Wednesday, December 5, 2012

Socially Interactive Technology Connects the Online World with Reality

In today's blog, I do some research of my own and cover youth relationships and technology, cyberbullying in the news, and the main issues we have with diffusing the problem. 

I became interested in this topic after hearing my eleven year old sister talk about interacting with her friends via their iPhones. Research and experts show that virtual play is impacting physical adolescent interaction- in both good and bad ways. While the social groups that adolescents are forming may be becoming closer, this also increases the ability for being “left out”. Gone are the days of being left out on the playground, and in is being left out of an iPhone group message. Either because they don't have the latest technology, or if they do, the misuse of social media and applications are increasing the rate of cyberbullying. 

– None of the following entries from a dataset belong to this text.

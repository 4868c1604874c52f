-- ===== src/Prelude.antt =====
-- The names that every component shares: the libraries', passed on, and those of the children.
mod Tests
mod Lists
mod Assoc
mod Ordered
mod Texts
mod Pairs
pub mod Sort
pub use Tests.*
pub use Lists.*
pub use Ordered.*
pub use Pairs.{Pair, PairDict, pair_eq_iff, get_pair-set_pair, count-set_pair}
unfoldable pub use Pairs.{pair_eq, get_pair, set_pair}
pub use Texts.{or_text}
unfoldable pub use Texts.{clip, join}
pub use Assoc.{
  Dict, lookup-insert, lookup-insert_self, lookup-insert_ne, lookup-erase, length-insert,
  length-insert-le, All-insert, All-lookup, by_key, dict_laws,
}
unfoldable pub use Assoc.{lookup, insert, erase}
pub use Prim.Native.Nat.{ℕ, zero, suc, ◌+◌, ◌-◌, ◌*◌, ◌/◌, ◌%◌, ◌^◌, ◌≤◌, ◌<◌, min, max}
pub use Prim.Native.String.{String}
pub use mathlib.Core.Path.{◌≡◌, refl, sym, ap, ◌∙◌, subst}
pub use mathlib.Core.Logic.{◌≢◌, ◌↔◌, ◌⊎◌, inl, inr}
pub use mathlib.Core.Bool.{Bool, true, false, ◌&&◌, ◌||◌, not}
pub use mathlib.Core.Option.{Option, none, some}
pub use mathlib.Core.List.{Mem, mem-cons_self, mem-cons_of_mem}
pub use mathlib.Core.List.{List, [], ◌∷◌, ◌++◌, map, append-nil, append_assoc, reverse}
pub use native.Mathlib.Omega.{arith}
pub use text.Mathlib.Text.{◌==◌ as str_eq}
pub use text.Mathlib.TextEquality.{eq_iff}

Socially Interactive Technologies are making social groups more tight-knit.
Much research has been done in order to identify the impact that growing up in an age of technology has one the younger generations, specifically with personal relationships. Communication has been studied to see if people hold conversations differently in person than they do online. 

What are identified as SITs (Socially Interactive Technologies), such as texting, IMing, etc. are used among social groups as a platform to form relationships and make plans. A 2006 study found that 48% of youth felt that they use the internet to “improve” their relationships with friends. 

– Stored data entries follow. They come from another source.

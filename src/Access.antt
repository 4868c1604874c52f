-- ===== src/Access.antt =====
-- rbac.py: roles, the principals that the configuration names, and their authentication. Python's text
-- functions and SHA-256 are parameters; a configuration error (`RbacConfigError`) is `none`.
pub mod Configured
pub mod Tokens
mod Examples
use netlog_ai.Prelude.{
  ℕ, suc, ◌+◌, ◌&&◌, ◌||◌, not, String, Bool, true, false, Option, none, some, List, [], ◌∷◌, ◌++◌,
  leb, ltb, ◌==◌, str_eq, if◌then◌else◌, or_text,
}

-- Python's functions on texts. `bare_name role i` is f"{role}-{i + 1}"; `partition` splits at the first
-- colon, `none` where there is none.
pub record Texts : Type 0 where
  pub len : String → ℕ
  pub strip : String → String
  pub lower : String → String
  pub partition : String → Option (String × String)
  pub split_commas : String → List String
  pub bare_name : String → ℕ → String
  -- `_digest`, the SHA-256 in hexadecimal
  pub digest : String → String

abbrev pub min_token_len : ℕ
min_token_len = 16

-- RANK
unfoldable pub rank : String → Option ℕ
rank role =
    if str_eq role "viewer"
    then some 1
    else if str_eq role "operator"
    then some 2
    else if str_eq role "admin"
    then some 3
    else none

pub record Principal : Type 0 where
  pub name : String
  pub role : String
  pub token_sha256 : String

-- RANK.get(role, 0)
abbrev pub rank_or_zero : Option ℕ → ℕ
rank_or_zero none = 0
rank_or_zero (some n) = n

-- `none`: the KeyError of a role that is required but unknown
pub allows : Principal → String → Option Bool
allows p required = elim (rank required) [
  | none ↦ none
  | some n ↦ some (leb n (rank_or_zero (rank p.role)))
]

-- the configuration: the legacy token, the texts of the three variables, and the users of the file,
-- `none` where it cannot be read
pub record User : Type 0 where
  pub name : String
  pub role : String
  pub token_sha256 : String
  pub token : String

pub record Config : Type 0 where
  pub legacy_token : String
  pub viewer_tokens : String
  pub operator_tokens : String
  pub admin_tokens : String
  -- no path, or the file
  pub file : Option (Option (List User))

-- a list of results of which one may be an error, put in front of the rest
abbrev pub both : Option (List Principal) → Option (List Principal) → Option (List Principal)
both none rest = none
both (some l) none = none
both (some l) (some m) = some (l ++ m)

abbrev pub is_on : Option (List Principal) → Option Bool
is_on none = none
is_on (some []) = some false
is_on (some (p ∷ ps)) = some true

module _ (t : Texts) where
  pub check_len : String → Option String
  check_len token = if ltb (t.len token) min_token_len then none else some token

  -- a principal whose token is given in the clear
  pub principal_of : String → String → String → Option (List Principal)
  principal_of name role token = elim (check_len token) [
    | none ↦ none
    | some checked ↦
        some (record { name = name; role = role; token_sha256 = t.digest checked } ∷ [])
  ]

  -- the name and the token of an entry that is not empty
  pub parts_of : String → ℕ → String → String × String
  parts_of role i item = elim (t.partition item) [
    | none ↦ (t.bare_name role i, item)
    | some (name, token) ↦ (name, token)
  ]

  pub entry_principals : String → ℕ → String → Option (List Principal)
  entry_principals role i item =
      let (name, token) = parts_of role i item in
      let stripped = t.strip token in
      if str_eq item ""
      then some []
      else if str_eq stripped ""
      then some []
      else principal_of (or_text (t.strip name) (t.bare_name role i)) role stripped

  pub entries_principals : String → ℕ → List String → Option (List Principal)
  entries_principals role i [] = some []
  entries_principals role i (item ∷ items) =
      both (entry_principals role i (t.strip item)) (entries_principals role (suc i) items)

  -- the loop over ROLES
  pub env_principals : Config → Option (List Principal)
  env_principals cfg = both (entries_principals "viewer" 0 (t.split_commas cfg.viewer_tokens)) (
      both (entries_principals "operator" 0 (t.split_commas cfg.operator_tokens))
        (entries_principals "admin" 0 (t.split_commas cfg.admin_tokens)))

  abbrev known_role : String → Bool
  known_role role = elim (rank role) [ none ↦ false | some n ↦ true ]

  -- the digest of a user, from the file or made of a token in the clear
  pub user_digest : String → String → User → Option String
  user_digest name role u =
      let given = t.lower (t.strip u.token_sha256) in
      if str_eq given "" && (not (str_eq u.token "") && (known_role role && not (str_eq name "")))
      then elim (check_len u.token) [ none ↦ none | some checked ↦ some (t.digest checked) ]
      else some given

  pub user_principals : User → Option (List Principal)
  user_principals u =
      let role = t.lower u.role in
      let name = t.strip u.name in
      elim (user_digest name role u) [
        | none ↦ none
        | some digest ↦
            if not (known_role role) || (str_eq name "" || not (t.len digest == 64))
            then some []
            else some (record { name = name; role = role; token_sha256 = digest } ∷ [])
      ]

  pub file_principals : List User → Option (List Principal)
  file_principals [] = some []
  file_principals (u ∷ us) = both (user_principals u) (file_principals us)

  -- a file that cannot be read has no users
  abbrev pub users_of : Option (Option (List User)) → List User
  users_of none = []
  users_of (some none) = []
  users_of (some (some us)) = us

  -- `principals`, on a cache miss
  pub principals : Config → Option (List Principal)
  principals cfg =
      both
        (if str_eq cfg.legacy_token ""
          then some []
          else principal_of "shared-token" "admin" cfg.legacy_token)
        (both (env_principals cfg) (file_principals (users_of cfg.file)))

  -- bool(principals(…))
  pub auth_enabled : Config → Option Bool
  auth_enabled cfg = is_on (principals cfg)

  -- the loop of `authenticate`: it goes over all entries, and the first that matches is kept
  pub find : String → List Principal → Option Principal → Option Principal
  find digest [] found = found
  find digest (p ∷ ps) found = find digest ps (elim found [
    | none ↦ if str_eq p.token_sha256 digest then some p else none
    | some q ↦ some q
  ])

  -- `none`: the configuration error
  pub authenticate : String → Config → Option (Option Principal)
  authenticate token cfg =
      if str_eq token ""
      then some none
      else elim (principals cfg) [ none ↦ none | some ps ↦ some (find (t.digest token) ps none) ]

Even with such statistics, it is still questioned about how strong these social ties are. The study concludes with the question: “Are adolescents creating more, but weaker, ties using SITs?” An interesting discussion point made by the study for statistic variation is that the possibility of someone finding out who they listed as their “friends” (for instant messaging) may have discouraged people to participate. It is instances like this that are on the premises of peer pressure.

Jason Farman, assistant professor of American Studies and Digital Cultures and Creativity, explains that these SIT platforms bridge a gap between something mental and physical. Farman says that though the relationships are cyber-based, that does not mean they do not impact the person in reality. 

Online personas crossover to reality.
It’s the connection to reality that begins to cause problems when someone gets emotionally abused on this cyber-platform. The issue being that not only is the online persona being attacked, the human psyche is also affected.

Over the past two or so years, it has become prevalent that cyberbullying is advancing with technology. Originally, it began under the preconceptions of social networking (MySpace, Facebook, blogs, etc.), as identified by a 2010 article by NBC about Louisiana’s bill to ban cyberbullying. (The bill was passed). However, Representative Gary Smith makes a valid point- we have to be cautious of those who don’t mean to be “malicious”.  With the increase in smart phones being obtained by younger generations, technological harassment is becoming more of an issue.

Farman gives his insight on the matter, referring to the reality and online platforms as "spaces". He brings up the concern about how these social media sites are being used and in our discussion off camera, we also explored this issue further. Since kids are growing up with this technology, on occasion, they don't know the correct use of it.

"There isn't a separation between a distinct physical world and this world of online social media"

A reporter for The South End writes about how “Bullying leaves school halls [and] goes digital”. The main point of her article is to expand awareness on the outbreak of cyberbullying- the more modern version of getting shoved into a locker. Since communicating over the internet has become possible, it has been a liability, but the problem stands with this new term, “digital natives”. Children are “growing up in the age of rapidly advancing technology” which just fuels the technological harrassment.

Bridging the gap and staying informed.
A main concern about the harassment is that there is such a large technological gap between children and parents, so many parents are unaware that this is even an issue.

Cyberbullying: Bullying in the Digital Age is one of the many research books that have been published in order to raise awareness. It’s authors preface that the book is not only for prevention, but to “empower” parents to talk with their kids so that the enjoyable experience of technology is not ruined by such a malicious thing. Since cyberbullying is so different from school bullying, many studies have been done examining the actual “bullies” themselves. A recent 2012 study distinguishes different characteristics between bullies and victims, proving that it is not just a silent issue, but one that is psychologically lasting. 

So to decrease the threat of cyberbullying that can lead to drastic manners such as even suicide, parents are advised to keep note of these attitude changes, but to also inform their kids- not only of cyberbullying as an issue, but also of the appropriate use of these applications.

What do you think?
Not only is technological threat taking away the enjoyment of something so innocent, but it blurs the lines of our First Amendment.

How do you think cyberbullying can be regulated, if at all?